----- Extracted records -----

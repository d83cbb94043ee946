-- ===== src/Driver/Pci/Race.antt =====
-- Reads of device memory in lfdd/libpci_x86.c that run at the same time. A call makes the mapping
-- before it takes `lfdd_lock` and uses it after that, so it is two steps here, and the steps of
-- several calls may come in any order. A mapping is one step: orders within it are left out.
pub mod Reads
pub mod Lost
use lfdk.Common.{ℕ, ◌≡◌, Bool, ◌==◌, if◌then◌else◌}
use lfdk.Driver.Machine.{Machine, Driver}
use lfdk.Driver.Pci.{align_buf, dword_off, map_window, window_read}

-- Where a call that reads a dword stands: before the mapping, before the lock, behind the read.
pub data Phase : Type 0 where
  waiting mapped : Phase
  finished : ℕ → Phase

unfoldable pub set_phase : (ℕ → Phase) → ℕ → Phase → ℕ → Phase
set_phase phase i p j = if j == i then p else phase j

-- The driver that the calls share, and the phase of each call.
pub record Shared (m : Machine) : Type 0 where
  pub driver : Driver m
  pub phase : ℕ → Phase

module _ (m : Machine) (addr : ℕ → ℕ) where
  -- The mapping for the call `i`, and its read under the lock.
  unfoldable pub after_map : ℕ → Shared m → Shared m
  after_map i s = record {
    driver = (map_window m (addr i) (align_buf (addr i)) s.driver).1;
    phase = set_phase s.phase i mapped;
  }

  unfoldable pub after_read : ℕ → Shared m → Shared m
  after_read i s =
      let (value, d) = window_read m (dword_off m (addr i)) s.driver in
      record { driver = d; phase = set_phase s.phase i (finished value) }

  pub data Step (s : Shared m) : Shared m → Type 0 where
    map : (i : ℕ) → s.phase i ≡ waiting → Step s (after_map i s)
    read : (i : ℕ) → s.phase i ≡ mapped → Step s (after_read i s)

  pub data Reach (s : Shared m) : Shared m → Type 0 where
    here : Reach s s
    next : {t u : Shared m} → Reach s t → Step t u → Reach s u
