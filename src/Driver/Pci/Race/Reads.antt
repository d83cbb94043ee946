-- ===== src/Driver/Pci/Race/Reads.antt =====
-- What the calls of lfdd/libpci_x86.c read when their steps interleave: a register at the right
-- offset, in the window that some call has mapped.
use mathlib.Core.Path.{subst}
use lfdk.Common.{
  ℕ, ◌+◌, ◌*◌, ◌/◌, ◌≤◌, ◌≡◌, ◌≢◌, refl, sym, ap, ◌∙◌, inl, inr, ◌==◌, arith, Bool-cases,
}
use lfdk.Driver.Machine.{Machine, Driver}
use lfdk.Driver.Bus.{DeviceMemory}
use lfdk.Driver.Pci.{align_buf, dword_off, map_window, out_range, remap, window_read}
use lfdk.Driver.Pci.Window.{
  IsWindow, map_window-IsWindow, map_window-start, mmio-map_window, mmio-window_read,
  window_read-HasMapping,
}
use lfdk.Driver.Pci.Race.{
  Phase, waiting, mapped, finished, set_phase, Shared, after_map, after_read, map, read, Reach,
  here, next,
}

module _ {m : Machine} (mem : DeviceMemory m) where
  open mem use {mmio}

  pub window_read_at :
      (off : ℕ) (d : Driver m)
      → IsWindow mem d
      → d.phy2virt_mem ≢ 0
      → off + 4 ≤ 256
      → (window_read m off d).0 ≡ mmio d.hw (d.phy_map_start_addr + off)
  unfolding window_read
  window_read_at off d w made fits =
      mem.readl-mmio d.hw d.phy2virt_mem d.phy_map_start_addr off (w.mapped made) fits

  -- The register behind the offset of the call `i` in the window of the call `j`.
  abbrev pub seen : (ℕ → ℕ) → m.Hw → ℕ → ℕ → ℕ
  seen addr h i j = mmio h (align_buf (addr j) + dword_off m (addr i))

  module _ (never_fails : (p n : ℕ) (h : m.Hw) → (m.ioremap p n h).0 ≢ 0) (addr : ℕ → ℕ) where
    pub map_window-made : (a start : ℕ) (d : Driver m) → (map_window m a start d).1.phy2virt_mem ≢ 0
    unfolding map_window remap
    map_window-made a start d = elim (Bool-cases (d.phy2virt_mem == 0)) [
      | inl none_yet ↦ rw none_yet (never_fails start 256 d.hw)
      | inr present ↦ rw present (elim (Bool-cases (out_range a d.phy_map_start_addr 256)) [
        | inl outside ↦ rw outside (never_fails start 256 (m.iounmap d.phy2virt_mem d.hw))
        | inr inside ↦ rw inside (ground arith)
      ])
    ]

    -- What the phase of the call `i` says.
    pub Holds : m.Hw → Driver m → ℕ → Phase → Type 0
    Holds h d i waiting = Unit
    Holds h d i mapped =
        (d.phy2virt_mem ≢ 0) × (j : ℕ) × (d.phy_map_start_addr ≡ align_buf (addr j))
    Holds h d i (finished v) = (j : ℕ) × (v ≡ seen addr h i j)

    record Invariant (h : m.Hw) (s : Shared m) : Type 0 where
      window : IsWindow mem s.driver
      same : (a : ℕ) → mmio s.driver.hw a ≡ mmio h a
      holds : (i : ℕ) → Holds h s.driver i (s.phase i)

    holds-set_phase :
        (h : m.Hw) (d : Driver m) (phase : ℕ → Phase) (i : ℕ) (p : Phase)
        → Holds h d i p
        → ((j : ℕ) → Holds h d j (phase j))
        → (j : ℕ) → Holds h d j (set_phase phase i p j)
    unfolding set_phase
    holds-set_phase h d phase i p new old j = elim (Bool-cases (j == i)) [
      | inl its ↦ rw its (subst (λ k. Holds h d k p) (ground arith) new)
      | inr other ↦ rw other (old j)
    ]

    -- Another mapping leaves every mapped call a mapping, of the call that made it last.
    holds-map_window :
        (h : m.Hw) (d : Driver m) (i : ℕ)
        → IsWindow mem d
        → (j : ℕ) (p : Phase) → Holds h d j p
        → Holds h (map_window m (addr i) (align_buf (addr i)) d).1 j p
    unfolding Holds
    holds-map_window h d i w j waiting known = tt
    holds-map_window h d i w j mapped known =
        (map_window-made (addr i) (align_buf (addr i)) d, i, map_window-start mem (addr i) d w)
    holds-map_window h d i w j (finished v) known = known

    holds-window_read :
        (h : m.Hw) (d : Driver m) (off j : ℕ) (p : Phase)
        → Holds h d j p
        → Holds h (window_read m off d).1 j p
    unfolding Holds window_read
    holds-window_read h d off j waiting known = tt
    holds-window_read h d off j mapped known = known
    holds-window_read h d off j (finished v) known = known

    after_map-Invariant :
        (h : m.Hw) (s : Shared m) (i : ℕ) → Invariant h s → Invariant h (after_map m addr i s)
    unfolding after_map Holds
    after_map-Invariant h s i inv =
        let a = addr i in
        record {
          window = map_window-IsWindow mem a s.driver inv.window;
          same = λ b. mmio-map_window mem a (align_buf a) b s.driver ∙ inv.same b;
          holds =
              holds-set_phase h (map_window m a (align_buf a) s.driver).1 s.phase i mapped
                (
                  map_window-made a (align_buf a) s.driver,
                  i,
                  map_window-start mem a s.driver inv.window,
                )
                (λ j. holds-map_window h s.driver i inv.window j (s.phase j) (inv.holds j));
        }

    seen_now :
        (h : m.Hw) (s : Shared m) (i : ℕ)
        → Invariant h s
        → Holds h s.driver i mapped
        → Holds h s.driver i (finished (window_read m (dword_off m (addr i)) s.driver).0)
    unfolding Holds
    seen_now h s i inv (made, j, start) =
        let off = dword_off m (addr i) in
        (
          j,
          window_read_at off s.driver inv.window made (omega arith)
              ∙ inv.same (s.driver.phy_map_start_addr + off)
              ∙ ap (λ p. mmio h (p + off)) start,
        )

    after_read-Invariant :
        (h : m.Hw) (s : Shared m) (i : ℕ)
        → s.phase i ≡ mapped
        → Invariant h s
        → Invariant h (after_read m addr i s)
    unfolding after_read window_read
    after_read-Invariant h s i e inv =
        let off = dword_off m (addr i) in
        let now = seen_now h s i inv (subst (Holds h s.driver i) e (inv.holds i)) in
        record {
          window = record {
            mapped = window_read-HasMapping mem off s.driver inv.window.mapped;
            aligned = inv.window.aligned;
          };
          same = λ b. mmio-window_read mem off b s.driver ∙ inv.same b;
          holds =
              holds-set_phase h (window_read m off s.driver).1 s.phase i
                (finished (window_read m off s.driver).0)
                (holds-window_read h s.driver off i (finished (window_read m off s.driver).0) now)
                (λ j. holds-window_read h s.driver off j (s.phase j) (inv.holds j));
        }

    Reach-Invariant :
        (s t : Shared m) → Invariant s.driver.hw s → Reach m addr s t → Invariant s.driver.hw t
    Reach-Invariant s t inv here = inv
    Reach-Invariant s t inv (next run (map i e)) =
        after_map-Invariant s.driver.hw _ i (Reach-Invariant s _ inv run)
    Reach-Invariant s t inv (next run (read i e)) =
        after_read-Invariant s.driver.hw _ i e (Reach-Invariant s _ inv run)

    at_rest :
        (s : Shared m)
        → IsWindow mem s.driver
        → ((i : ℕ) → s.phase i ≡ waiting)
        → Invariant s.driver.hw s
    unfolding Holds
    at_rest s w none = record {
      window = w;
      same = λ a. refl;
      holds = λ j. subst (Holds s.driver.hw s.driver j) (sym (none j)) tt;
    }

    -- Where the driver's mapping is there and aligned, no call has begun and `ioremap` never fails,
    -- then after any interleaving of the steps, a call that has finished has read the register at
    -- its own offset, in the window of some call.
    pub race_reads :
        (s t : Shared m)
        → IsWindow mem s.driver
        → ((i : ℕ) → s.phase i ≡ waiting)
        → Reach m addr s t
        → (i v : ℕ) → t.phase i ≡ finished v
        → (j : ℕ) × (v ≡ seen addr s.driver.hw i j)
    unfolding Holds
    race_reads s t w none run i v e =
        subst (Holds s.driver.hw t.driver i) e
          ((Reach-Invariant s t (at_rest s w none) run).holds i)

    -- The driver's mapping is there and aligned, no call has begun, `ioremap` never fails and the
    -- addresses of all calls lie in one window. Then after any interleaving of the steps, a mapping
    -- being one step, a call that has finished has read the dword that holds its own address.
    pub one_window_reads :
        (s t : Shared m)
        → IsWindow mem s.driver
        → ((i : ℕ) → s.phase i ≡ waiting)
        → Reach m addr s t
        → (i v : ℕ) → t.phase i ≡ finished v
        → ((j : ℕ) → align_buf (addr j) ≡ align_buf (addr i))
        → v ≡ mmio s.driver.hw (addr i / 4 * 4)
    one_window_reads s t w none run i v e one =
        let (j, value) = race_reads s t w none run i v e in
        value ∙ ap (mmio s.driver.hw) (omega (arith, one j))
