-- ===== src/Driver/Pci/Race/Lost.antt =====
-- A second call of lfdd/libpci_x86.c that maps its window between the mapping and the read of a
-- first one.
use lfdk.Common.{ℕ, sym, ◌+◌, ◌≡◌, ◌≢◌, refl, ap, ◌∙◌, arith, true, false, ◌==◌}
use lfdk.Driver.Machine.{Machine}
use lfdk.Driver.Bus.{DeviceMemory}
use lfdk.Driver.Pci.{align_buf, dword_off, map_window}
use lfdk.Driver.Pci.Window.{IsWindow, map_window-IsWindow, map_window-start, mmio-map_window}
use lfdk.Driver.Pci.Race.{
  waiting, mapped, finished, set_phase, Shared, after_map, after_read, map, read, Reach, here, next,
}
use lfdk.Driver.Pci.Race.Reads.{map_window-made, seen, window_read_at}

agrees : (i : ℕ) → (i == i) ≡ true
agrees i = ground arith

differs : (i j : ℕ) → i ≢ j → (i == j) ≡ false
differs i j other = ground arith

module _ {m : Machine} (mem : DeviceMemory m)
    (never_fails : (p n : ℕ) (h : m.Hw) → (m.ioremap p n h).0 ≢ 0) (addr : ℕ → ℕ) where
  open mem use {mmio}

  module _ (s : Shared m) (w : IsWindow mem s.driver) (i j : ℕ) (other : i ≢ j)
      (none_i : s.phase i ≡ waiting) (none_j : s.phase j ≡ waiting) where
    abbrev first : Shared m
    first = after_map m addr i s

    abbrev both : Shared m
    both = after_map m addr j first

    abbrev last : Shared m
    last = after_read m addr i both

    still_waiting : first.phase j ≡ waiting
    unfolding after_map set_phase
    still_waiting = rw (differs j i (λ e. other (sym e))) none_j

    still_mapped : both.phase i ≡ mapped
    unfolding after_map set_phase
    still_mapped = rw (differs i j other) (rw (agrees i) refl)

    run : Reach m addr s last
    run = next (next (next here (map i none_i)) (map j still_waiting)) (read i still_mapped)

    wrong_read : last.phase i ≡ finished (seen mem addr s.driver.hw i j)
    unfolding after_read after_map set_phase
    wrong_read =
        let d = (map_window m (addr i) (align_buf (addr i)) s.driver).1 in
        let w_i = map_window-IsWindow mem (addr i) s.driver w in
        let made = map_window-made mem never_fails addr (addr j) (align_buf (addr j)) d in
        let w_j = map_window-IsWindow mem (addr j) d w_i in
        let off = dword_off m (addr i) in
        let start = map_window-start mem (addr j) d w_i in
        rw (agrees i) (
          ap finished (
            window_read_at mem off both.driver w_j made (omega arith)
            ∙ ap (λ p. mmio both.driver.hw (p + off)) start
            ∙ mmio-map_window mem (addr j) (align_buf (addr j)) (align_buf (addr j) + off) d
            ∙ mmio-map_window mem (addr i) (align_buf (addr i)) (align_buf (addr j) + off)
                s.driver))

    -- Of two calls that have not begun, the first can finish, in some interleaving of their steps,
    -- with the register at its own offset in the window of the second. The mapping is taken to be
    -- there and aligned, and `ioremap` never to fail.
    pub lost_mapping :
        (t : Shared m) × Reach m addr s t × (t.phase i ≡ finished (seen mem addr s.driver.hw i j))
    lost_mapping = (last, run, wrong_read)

-----
----- Extracted records -----

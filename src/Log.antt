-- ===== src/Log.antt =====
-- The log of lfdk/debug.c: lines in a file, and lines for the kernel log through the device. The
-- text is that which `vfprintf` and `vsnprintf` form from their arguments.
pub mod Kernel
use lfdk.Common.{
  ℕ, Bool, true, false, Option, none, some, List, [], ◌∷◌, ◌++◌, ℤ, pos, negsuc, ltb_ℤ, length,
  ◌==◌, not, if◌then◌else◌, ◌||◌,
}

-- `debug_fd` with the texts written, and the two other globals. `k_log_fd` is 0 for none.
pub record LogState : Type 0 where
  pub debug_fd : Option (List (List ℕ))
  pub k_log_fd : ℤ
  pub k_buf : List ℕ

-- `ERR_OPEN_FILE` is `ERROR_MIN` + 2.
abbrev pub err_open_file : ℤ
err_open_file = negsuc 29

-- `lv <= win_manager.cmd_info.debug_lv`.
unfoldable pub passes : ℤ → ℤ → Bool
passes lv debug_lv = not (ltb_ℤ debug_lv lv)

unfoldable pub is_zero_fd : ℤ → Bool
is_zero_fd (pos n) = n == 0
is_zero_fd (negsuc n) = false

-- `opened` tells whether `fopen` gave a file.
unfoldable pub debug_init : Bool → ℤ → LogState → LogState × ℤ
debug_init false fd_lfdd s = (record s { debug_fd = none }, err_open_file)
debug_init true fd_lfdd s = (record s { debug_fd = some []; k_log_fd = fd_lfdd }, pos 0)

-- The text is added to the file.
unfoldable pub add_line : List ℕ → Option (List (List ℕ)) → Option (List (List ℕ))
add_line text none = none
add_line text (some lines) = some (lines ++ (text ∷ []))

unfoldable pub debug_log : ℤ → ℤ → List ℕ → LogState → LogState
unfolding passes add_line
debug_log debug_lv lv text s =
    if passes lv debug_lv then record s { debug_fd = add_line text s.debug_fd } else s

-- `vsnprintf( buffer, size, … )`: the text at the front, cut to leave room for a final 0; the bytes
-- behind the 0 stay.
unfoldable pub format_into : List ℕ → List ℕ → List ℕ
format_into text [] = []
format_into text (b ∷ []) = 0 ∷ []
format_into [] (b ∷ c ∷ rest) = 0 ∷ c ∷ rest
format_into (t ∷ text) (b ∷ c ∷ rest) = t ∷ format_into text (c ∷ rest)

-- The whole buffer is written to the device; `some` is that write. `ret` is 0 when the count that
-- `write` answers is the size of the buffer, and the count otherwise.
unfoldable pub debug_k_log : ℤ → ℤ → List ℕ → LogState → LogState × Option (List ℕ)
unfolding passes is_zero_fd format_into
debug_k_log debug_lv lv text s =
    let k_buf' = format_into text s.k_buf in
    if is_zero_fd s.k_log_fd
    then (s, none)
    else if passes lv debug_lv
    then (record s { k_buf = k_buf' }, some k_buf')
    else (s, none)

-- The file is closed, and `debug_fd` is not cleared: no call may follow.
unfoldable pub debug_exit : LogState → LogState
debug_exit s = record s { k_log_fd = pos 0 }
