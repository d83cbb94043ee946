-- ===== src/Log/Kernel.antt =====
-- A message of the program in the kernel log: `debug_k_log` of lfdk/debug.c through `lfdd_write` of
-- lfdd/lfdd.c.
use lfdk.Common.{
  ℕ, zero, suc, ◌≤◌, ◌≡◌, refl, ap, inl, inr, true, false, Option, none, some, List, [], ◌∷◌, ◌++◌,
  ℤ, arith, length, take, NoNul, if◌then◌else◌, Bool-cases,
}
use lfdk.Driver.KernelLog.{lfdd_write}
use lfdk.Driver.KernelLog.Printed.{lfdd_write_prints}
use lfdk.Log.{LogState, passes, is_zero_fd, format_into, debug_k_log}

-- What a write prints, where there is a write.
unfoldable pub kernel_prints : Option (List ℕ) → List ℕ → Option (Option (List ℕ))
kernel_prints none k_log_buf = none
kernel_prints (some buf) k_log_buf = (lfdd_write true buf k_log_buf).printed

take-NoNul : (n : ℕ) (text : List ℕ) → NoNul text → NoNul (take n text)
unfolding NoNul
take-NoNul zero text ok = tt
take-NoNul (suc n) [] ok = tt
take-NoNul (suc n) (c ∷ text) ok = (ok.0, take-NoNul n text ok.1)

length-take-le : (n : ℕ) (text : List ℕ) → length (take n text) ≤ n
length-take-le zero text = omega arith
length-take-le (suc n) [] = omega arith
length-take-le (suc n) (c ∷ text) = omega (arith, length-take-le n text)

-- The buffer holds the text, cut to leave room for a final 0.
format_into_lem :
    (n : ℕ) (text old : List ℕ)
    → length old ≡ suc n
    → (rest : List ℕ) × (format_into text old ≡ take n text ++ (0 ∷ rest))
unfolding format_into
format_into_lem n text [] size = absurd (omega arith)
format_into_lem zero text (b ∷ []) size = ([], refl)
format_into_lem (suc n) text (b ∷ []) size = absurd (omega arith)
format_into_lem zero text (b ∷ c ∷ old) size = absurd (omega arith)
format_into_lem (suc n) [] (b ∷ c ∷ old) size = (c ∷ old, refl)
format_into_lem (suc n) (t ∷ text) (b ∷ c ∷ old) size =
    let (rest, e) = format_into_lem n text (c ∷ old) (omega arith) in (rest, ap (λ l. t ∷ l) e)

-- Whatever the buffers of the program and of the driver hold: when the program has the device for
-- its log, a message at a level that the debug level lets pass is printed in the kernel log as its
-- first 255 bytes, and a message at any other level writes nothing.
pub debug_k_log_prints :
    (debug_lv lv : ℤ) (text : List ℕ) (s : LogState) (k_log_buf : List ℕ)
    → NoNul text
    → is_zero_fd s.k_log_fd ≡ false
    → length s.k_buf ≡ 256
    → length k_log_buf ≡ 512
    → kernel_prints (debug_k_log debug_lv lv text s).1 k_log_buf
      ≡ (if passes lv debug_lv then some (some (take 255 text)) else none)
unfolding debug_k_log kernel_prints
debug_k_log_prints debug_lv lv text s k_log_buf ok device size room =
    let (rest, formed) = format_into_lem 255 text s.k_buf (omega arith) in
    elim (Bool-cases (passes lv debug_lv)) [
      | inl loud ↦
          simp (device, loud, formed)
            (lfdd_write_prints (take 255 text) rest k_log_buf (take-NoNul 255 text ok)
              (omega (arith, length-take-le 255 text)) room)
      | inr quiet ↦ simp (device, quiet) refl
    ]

-----
----- Extracted records -----

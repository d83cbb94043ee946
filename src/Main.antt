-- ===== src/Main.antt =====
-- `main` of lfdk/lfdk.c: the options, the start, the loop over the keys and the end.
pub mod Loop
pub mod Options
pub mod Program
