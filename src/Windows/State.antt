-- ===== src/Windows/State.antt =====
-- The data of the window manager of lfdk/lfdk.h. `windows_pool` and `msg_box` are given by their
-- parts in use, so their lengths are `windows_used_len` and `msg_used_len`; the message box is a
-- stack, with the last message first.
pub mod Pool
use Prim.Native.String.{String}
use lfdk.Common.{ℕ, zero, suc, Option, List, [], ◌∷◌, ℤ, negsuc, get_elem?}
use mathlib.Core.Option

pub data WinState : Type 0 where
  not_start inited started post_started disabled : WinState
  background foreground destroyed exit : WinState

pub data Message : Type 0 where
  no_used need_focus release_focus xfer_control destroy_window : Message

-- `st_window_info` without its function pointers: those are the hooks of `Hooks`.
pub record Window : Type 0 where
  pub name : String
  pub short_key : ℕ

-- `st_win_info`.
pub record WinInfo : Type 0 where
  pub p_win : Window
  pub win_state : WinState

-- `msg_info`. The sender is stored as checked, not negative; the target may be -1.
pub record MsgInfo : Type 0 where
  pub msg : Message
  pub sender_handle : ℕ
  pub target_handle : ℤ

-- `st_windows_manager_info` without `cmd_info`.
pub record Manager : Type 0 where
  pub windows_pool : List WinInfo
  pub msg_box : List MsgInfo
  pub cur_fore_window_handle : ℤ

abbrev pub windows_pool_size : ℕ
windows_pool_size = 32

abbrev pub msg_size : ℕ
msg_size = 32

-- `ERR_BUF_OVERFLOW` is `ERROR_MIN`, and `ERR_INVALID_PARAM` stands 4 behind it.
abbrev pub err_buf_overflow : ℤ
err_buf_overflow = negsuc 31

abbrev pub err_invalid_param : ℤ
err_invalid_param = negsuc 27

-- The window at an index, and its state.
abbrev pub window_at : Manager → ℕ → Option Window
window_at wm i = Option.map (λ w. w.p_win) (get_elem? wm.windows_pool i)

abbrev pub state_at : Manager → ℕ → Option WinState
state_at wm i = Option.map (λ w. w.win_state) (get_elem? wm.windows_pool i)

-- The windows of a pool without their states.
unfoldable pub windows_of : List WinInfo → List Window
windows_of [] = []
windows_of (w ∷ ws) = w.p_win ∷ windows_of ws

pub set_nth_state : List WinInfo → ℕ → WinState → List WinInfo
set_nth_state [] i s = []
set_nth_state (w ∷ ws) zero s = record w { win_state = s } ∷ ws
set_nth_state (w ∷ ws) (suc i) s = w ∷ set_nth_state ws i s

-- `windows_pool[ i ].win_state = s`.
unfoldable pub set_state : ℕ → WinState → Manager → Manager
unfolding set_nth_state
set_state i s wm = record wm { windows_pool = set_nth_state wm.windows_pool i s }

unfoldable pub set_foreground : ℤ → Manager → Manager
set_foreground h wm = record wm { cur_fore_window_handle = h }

-----

*Exercise prompt*:
Only lines that contain "through" are needed, so copy each of them from the data.

*Task answer*:
-- The log of lfdk/debug.c: lines in a file, and lines for the kernel log through the device. The
-- A message of the program in the kernel log: `debug_k_log` of lfdk/debug.c through `lfdd_write` of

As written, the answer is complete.